The Development Connection to Feminist Informatics

While we have much to be hopeful about, the multitude of changes in the Mahiti Manthana strategy are rather subtle and defy easy mapping. Intergenerational communication – between sangha women and the girls associated with the telecentres as infomediaries – has had a profound impact on their respective lives. However, such processes, empowering as they are, do not translate as easily into measurables. Also, ambiguities continue even as gender orders are destabilised, and contextual factors play a big role in how outcomes pan out for gender equality. The practice of getting girls married even if they are below the legal age, and the practice of giving dowry to get daughters married has continued. The ambivalence of many women does disturb us, but we have to be very aware of it at all times. Grappling with exploitative and violent patriarchies and masculinities embedded in the same realities on which women depend for their everyday survival requires sustained effort and is above and beyond funding cycles and project timelines.

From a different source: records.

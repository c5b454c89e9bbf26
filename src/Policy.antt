-- ===== src/Policy.antt =====
-- packages/core/src/policy-model.ts.
pub mod Model
pub mod Compile
pub mod Checks
pub mod CaveatChecks
pub mod ConditionalChecks
pub mod Validation
pub mod Distinct
pub mod Valid
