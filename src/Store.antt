-- ===== src/Store.antt =====
-- InMemoryRebacStore in packages/core/src/store.ts.
pub mod Graph
pub mod Index
pub mod Examples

The pressure of the global neoliberal development environment is palpable at the local level and this means many “distractions,” which are perhaps part of the alternatives that women encounter in making choices for themselves and their families. Network society’s big system propensity is increasingly taking control of our lives in inconspicuous but profound ways such as the enrolling of sangha women as insurance agents by transnational corporations, which pulls them away from their leadership roles as change agents and poses complex challenges where there is no straightforward ethical resolution. We find ourselves having to build alternatives that carry meaning, on the one hand, while taking stances against the totalising propensities of corporate and state driven technological systems that at a macro level, disempower the local in favour of hegemonic global forces.

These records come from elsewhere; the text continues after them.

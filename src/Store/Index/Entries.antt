-- ===== src/Store/Index/Entries.antt =====
-- The arrays of the index by subject in packages/core/src/store.ts: what adding and removing an entry
-- leaves in them.
use access_kit.Prelude.{
  true, false, List, [], ◌∷◌, ◌++◌, ◌≡◌, ◌≢◌, refl, sym, ap, subst, ◌∙◌, inl, inr, arith, In,
  if◌then◌else◌, ◌otherwise◌, ◌==◌, eq_iff, Bool-cases, Option-cases, In-append_cases,
}
use access_kit.JsMap
use access_kit.JsMap.{JsMap}
use access_kit.Domain.{CanonicalId, RelationshipTuple}
use access_kit.Store.Graph.{
  add_relationship_to_subject_index, remove_relationship_from_subject_index, splice_id,
  keep_or_delete,
}

abbrev pub Index : Type 0
Index = JsMap (List RelationshipTuple)

abbrev pub at_subject : Index → CanonicalId → List RelationshipTuple
at_subject index id = JsMap.get index id otherwise []

-- No two entries of one id.
abbrev pub HasUniqueIds : List RelationshipTuple → Type 0
HasUniqueIds [] = Unit
HasUniqueIds (r ∷ rs) = ((x : RelationshipTuple) → In x rs → x.id ≢ r.id) × HasUniqueIds rs

splice_id_same :
    (r : RelationshipTuple) (rs : List RelationshipTuple) (id : CanonicalId)
    → (r.id == id) ≡ true
    → splice_id (r ∷ rs) id ≡ rs
unfolding splice_id
splice_id_same r rs id same = rw same refl

splice_id_other :
    (r : RelationshipTuple) (rs : List RelationshipTuple) (id : CanonicalId)
    → (r.id == id) ≡ false
    → splice_id (r ∷ rs) id ≡ r ∷ splice_id rs id
unfolding splice_id
splice_id_other r rs id other = rw other refl

-- What is left is what has another id.
splice_id-In :
    (rs : List RelationshipTuple) (id : CanonicalId) (x : RelationshipTuple)
    → HasUniqueIds rs
    → In x (splice_id rs id)
    → In x rs × (x.id ≢ id)
unfolding splice_id
splice_id-In [] id x h m = absurd m
splice_id-In (r ∷ rs) id x h m = elim (Bool-cases (r.id == id)) [
  | inl same ↦
      let there = subst (In x) (splice_id_same r rs id same) m in
      (inr there, λ e. h.0 x there (ground (arith, e, same, eq_iff r.id id)))
  | inr other ↦ elim (subst (In x) (splice_id_other r rs id other) m) [
    | inl e ↦ (inl e, λ f. ground (arith, other, sym (ap (λ y. y.id) e) ∙ f, eq_iff r.id id))
    | inr there ↦ let (left, different) = splice_id-In rs id x h.1 there in (inr left, different)
  ]
]

In-splice_id :
    (rs : List RelationshipTuple) (id : CanonicalId) (x : RelationshipTuple)
    → In x rs
    → x.id ≢ id
    → In x (splice_id rs id)
In-splice_id [] id x m n = absurd m
In-splice_id (r ∷ rs) id x m n = elim (Bool-cases (r.id == id)) [
  | inl same ↦ subst (In x) (sym (splice_id_same r rs id same)) (elim m [
    | inl e ↦ absurd (n (ap (λ y. y.id) e ∙ ground (arith, same, eq_iff r.id id)))
    | inr there ↦ there
  ])
  | inr other ↦
      subst (In x) (sym (splice_id_other r rs id other))
        (elim m [ inl e ↦ inl e | inr there ↦ inr (In-splice_id rs id x there n) ])
]

splice_id-HasUniqueIds :
    (rs : List RelationshipTuple) (id : CanonicalId)
    → HasUniqueIds rs
    → HasUniqueIds (splice_id rs id)
unfolding splice_id
splice_id-HasUniqueIds [] id h = tt
splice_id-HasUniqueIds (r ∷ rs) id h = elim (Bool-cases (r.id == id)) [
  | inl same ↦ rw same h.1
  | inr other ↦
      rw other ((λ x m. h.0 x (splice_id-In rs id x h.1 m).0), splice_id-HasUniqueIds rs id h.1)
]

pub append-HasUniqueIds :
    (rs : List RelationshipTuple) (r : RelationshipTuple)
    → HasUniqueIds rs
    → ((x : RelationshipTuple) → In x rs → x.id ≢ r.id)
    → HasUniqueIds (rs ++ r ∷ [])
append-HasUniqueIds [] r h n = ((λ x m. absurd m), tt)
append-HasUniqueIds (s ∷ rs) r h n = (
  (λ x m. elim (In-append_cases x rs (r ∷ []) m) [
    | inl there ↦ h.0 x there
    | inr (inl e) ↦ λ f. n s (inl refl) (sym f ∙ ap (λ y. y.id) e)
    | inr (inr none_left) ↦ absurd none_left
  ]),
  append-HasUniqueIds rs r h.1 (λ x m. n x (inr m)),
)

pub at_subject-add :
    (index : Index) (r : RelationshipTuple) (id : CanonicalId)
    → at_subject (add_relationship_to_subject_index index r) id
      ≡ (if r.subject_id == id then at_subject index id ++ r ∷ [] else at_subject index id)
unfolding add_relationship_to_subject_index
at_subject-add index r id = ground (
  arith,
  JsMap.get-set index r.subject_id id (at_subject index r.subject_id ++ r ∷ []),
  eq_iff r.subject_id id,
)

at_subject-keep_or_delete :
    (index : Index) (own : CanonicalId) (rs : List RelationshipTuple) (id : CanonicalId)
    → JsMap.HasUniqueKeys index
    → at_subject (keep_or_delete index own rs) id ≡ (if own == id then rs else at_subject index id)
at_subject-keep_or_delete index own [] id h = ground (arith, JsMap.get-remove index own id h)
at_subject-keep_or_delete index own (r ∷ rs) id h =
    ground (arith, JsMap.get-set index own id (r ∷ rs))

at_own-remove :
    (index : Index) (r : RelationshipTuple)
    → JsMap.HasUniqueKeys index
    → at_subject (remove_relationship_from_subject_index index r) r.subject_id
      ≡ splice_id (at_subject index r.subject_id) r.id
unfolding remove_relationship_from_subject_index splice_id
at_own-remove index r h = elim (Option-cases (JsMap.get index r.subject_id)) [
  | inl e ↦ rw (e, remove_relationship_from_subject_index, e) refl
  | inr (rs, e) ↦
      rw (e, remove_relationship_from_subject_index)
        (at_subject-keep_or_delete index r.subject_id (splice_id rs r.id) r.subject_id h
          ∙ ground (arith, eq_iff r.subject_id r.subject_id))
]

at_other-remove :
    (index : Index) (r : RelationshipTuple) (id : CanonicalId)
    → JsMap.HasUniqueKeys index
    → (r.subject_id == id) ≡ false
    → at_subject (remove_relationship_from_subject_index index r) id ≡ at_subject index id
unfolding remove_relationship_from_subject_index
at_other-remove index r id h other = elim (Option-cases (JsMap.get index r.subject_id)) [
  | inl e ↦ rw (e, remove_relationship_from_subject_index) refl
  | inr (rs, e) ↦
      rw (e, remove_relationship_from_subject_index)
        (at_subject-keep_or_delete index r.subject_id (splice_id rs r.id) id h ∙ rw other refl)
]

same_subject :
    (index : Index) (r : RelationshipTuple) (id : CanonicalId)
    → JsMap.HasUniqueKeys index
    → (r.subject_id == id) ≡ true
    → at_subject (remove_relationship_from_subject_index index r) id
      ≡ splice_id (at_subject index id) r.id
same_subject index r id h same =
    subst
      (λ i.
        at_subject (remove_relationship_from_subject_index index r) i
        ≡ splice_id (at_subject index i) r.id)
      (ground (arith, same, eq_iff r.subject_id id)) (at_own-remove index r h)

pub remove-In :
    (index : Index) (r : RelationshipTuple) (id : CanonicalId) (x : RelationshipTuple)
    → JsMap.HasUniqueKeys index
    → HasUniqueIds (at_subject index id)
    → In x (at_subject (remove_relationship_from_subject_index index r) id)
    → In x (at_subject index id) × (r.subject_id ≡ id → x.id ≢ r.id)
remove-In index r id x h once m = elim (Bool-cases (r.subject_id == id)) [
  | inl same ↦
      let (there, different) =
        splice_id-In (at_subject index id) r.id x once
          (subst (In x) (same_subject index r id h same) m) in
      (there, λ _. different)
  | inr other ↦ (
    subst (In x) (at_other-remove index r id h other) m,
    λ e. ground (arith, e, other, eq_iff r.subject_id id),
  )
]

pub In-remove :
    (index : Index) (r : RelationshipTuple) (id : CanonicalId) (x : RelationshipTuple)
    → JsMap.HasUniqueKeys index
    → In x (at_subject index id)
    → x.id ≢ r.id
    → In x (at_subject (remove_relationship_from_subject_index index r) id)
In-remove index r id x h m n = elim (Bool-cases (r.subject_id == id)) [
  | inl same ↦
      subst (In x) (sym (same_subject index r id h same))
        (In-splice_id (at_subject index id) r.id x m n)
  | inr other ↦ subst (In x) (sym (at_other-remove index r id h other)) m
]

pub remove-HasUniqueIds :
    (index : Index) (r : RelationshipTuple) (id : CanonicalId)
    → JsMap.HasUniqueKeys index
    → HasUniqueIds (at_subject index id)
    → HasUniqueIds (at_subject (remove_relationship_from_subject_index index r) id)
remove-HasUniqueIds index r id h once = elim (Bool-cases (r.subject_id == id)) [
  | inl same ↦
      subst HasUniqueIds (sym (same_subject index r id h same))
        (splice_id-HasUniqueIds (at_subject index id) r.id once)
  | inr other ↦ subst HasUniqueIds (sym (at_other-remove index r id h other)) once
]

keep_or_delete-HasUniqueKeys :
    (index : Index) (own : CanonicalId) (rs : List RelationshipTuple)
    → JsMap.HasUniqueKeys index
    → JsMap.HasUniqueKeys (keep_or_delete index own rs)
keep_or_delete-HasUniqueKeys index own [] h = JsMap.remove-HasUniqueKeys index own h
keep_or_delete-HasUniqueKeys index own (r ∷ rs) h = JsMap.set-HasUniqueKeys index own (r ∷ rs) h

pub remove-HasUniqueKeys :
    (index : Index) (r : RelationshipTuple)
    → JsMap.HasUniqueKeys index
    → JsMap.HasUniqueKeys (remove_relationship_from_subject_index index r)
unfolding remove_relationship_from_subject_index
remove-HasUniqueKeys index r h = elim (Option-cases (JsMap.get index r.subject_id)) [
  | inl e ↦ rw (e, remove_relationship_from_subject_index) h
  | inr (rs, e) ↦
      rw (e, remove_relationship_from_subject_index)
        (keep_or_delete-HasUniqueKeys index r.subject_id (splice_id rs r.id) h)
]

The supposedly “secular” and “democratic” public spheres at the local context are in reality blatantly anti-secular and unapologetically undemocratic. Feminist informatics attempts to address questions of freedom and rights without binaries – stacking the socio cultural at par with the economic. However, this is a fine art that calls for a strong commitment to feminist methods. We are grateful to the sangha women for sharing their time and space with us to learn what the meaning of empowerment is. For, we also had much to learn in those transformative spaces and our learning was reciprocal.

The authors are with IT for Change, an NGO in India that works on information society issues from the standpoint of the Global South. While critiquing the dominant approaches to new technologies and development, IT for Change also works with alternatives. Mahiti Manthana, the subject of this article, has been one such project dealing with the questions of women’s empowerment, gender equality and digital technologies.